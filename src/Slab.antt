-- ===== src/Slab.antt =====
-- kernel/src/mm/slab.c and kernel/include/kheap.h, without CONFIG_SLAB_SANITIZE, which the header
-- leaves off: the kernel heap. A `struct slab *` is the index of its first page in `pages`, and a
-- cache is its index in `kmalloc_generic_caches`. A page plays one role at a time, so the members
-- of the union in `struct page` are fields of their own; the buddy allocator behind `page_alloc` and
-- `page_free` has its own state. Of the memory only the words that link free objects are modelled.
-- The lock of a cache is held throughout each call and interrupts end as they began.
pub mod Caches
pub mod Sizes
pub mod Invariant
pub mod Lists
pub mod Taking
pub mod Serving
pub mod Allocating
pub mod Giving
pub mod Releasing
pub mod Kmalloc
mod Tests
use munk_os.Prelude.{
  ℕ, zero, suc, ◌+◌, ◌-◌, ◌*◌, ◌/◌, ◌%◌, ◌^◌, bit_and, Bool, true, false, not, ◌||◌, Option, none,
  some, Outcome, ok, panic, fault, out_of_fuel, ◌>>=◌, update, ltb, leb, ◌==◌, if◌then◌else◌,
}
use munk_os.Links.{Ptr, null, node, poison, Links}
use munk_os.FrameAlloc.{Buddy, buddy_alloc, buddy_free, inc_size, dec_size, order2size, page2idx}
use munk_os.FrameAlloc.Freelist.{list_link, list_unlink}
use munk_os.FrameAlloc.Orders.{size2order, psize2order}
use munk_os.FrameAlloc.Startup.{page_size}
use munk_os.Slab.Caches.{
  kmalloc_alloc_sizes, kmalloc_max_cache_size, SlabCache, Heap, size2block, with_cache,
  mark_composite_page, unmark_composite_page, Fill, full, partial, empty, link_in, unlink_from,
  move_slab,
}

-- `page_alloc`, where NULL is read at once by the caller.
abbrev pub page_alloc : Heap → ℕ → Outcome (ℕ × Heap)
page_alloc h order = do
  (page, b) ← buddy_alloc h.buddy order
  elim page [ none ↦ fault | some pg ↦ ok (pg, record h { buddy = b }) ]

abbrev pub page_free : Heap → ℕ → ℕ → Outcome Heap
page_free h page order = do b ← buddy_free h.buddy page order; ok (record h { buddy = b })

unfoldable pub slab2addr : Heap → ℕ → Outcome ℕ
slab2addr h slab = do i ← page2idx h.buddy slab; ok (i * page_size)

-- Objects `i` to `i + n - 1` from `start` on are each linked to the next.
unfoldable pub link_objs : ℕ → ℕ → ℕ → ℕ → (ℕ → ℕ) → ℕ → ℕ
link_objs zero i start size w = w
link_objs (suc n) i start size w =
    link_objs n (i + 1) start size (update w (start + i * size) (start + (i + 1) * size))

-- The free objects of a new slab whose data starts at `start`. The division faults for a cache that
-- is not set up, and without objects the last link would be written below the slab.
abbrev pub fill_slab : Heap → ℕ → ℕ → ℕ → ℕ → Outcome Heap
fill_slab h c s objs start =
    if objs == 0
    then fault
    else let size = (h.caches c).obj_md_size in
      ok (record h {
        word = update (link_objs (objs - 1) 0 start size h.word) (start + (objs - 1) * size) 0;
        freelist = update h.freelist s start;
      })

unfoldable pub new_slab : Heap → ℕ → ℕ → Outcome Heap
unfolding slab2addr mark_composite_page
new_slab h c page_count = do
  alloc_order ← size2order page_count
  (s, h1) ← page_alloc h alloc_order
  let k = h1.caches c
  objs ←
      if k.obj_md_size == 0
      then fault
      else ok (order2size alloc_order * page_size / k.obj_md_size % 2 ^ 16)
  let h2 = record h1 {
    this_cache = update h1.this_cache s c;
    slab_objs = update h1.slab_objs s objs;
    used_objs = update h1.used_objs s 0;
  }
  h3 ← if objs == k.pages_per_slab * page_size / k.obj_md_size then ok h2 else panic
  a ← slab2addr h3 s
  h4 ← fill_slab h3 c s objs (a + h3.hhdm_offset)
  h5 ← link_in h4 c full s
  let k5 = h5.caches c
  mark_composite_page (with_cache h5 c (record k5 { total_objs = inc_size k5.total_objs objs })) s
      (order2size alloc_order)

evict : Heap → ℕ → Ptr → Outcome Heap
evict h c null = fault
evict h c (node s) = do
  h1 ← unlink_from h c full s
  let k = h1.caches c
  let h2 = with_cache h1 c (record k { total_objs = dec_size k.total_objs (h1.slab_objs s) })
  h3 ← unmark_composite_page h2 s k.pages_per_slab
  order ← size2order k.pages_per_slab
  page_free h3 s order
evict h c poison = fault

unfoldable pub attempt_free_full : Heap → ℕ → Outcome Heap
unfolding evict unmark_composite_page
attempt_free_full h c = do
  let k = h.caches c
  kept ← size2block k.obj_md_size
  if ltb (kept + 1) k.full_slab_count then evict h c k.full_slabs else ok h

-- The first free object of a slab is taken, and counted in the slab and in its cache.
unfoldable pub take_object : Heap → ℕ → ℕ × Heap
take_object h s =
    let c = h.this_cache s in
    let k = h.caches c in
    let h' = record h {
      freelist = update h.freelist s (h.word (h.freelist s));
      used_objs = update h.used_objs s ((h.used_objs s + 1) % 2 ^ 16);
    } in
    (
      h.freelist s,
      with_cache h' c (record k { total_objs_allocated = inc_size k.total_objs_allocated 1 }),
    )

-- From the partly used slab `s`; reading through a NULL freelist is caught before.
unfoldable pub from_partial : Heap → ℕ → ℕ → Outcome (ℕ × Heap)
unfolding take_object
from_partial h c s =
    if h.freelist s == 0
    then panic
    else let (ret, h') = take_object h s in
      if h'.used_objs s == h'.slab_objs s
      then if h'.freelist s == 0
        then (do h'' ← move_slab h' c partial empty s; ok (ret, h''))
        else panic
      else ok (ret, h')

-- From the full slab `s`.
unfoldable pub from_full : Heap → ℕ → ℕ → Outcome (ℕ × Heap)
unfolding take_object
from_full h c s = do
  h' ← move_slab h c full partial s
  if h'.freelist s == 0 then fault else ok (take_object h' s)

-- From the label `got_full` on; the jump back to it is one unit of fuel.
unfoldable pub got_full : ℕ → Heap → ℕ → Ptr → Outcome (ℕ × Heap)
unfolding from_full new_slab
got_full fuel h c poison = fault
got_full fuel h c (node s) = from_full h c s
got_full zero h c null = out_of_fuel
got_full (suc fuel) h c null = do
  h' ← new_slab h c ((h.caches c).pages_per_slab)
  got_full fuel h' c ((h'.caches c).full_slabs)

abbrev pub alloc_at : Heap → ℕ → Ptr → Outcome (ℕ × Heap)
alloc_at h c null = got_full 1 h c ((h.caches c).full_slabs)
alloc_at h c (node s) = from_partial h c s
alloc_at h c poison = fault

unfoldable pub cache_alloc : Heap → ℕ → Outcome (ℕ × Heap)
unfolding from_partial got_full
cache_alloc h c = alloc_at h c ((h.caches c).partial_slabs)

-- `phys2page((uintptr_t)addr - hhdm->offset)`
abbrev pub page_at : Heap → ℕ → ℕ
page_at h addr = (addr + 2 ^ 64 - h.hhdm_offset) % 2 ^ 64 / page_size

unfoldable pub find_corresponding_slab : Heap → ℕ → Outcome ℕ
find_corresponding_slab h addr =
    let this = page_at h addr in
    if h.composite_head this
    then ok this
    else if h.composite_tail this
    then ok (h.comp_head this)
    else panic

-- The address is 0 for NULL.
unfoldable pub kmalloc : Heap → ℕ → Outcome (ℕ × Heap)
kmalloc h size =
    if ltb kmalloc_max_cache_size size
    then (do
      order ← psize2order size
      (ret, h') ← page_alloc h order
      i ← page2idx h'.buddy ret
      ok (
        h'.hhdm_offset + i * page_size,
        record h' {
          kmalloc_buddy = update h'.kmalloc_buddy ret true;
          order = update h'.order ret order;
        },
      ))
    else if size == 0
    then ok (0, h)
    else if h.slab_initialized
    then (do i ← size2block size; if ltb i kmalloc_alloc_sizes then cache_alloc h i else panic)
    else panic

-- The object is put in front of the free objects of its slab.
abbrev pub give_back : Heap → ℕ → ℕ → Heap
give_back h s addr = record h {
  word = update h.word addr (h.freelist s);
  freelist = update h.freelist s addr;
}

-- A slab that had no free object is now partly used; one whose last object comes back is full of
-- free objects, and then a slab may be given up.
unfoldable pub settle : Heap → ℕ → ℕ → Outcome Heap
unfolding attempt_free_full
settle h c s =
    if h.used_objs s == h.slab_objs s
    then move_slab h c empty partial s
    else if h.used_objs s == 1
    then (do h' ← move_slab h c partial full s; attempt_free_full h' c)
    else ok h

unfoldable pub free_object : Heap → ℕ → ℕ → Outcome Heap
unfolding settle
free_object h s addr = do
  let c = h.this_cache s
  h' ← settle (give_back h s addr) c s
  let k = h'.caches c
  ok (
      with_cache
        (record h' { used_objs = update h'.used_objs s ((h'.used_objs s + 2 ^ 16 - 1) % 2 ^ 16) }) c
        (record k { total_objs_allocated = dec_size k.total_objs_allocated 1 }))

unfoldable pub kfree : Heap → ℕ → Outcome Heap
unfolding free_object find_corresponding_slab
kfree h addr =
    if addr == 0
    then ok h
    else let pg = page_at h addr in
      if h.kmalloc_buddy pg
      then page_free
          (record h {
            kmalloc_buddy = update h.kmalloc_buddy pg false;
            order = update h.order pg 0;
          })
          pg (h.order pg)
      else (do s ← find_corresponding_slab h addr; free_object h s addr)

Your instructions ▸
Take the records above and return, word for word, only the lines that fall from the line with "let h2 = with_cache" to the line with "unfoldable pub attempt_free_full", both of them included.

Answer to this exercise ▸
  let h2 = with_cache h1 c (record k { total_objs = dec_size k.total_objs (h1.slab_objs s) })
  h3 ← unmark_composite_page h2 s k.pages_per_slab
  order ← size2order k.pages_per_slab
  page_free h3 s order
evict h c poison = fault

unfoldable pub attempt_free_full : Heap → ℕ → Outcome Heap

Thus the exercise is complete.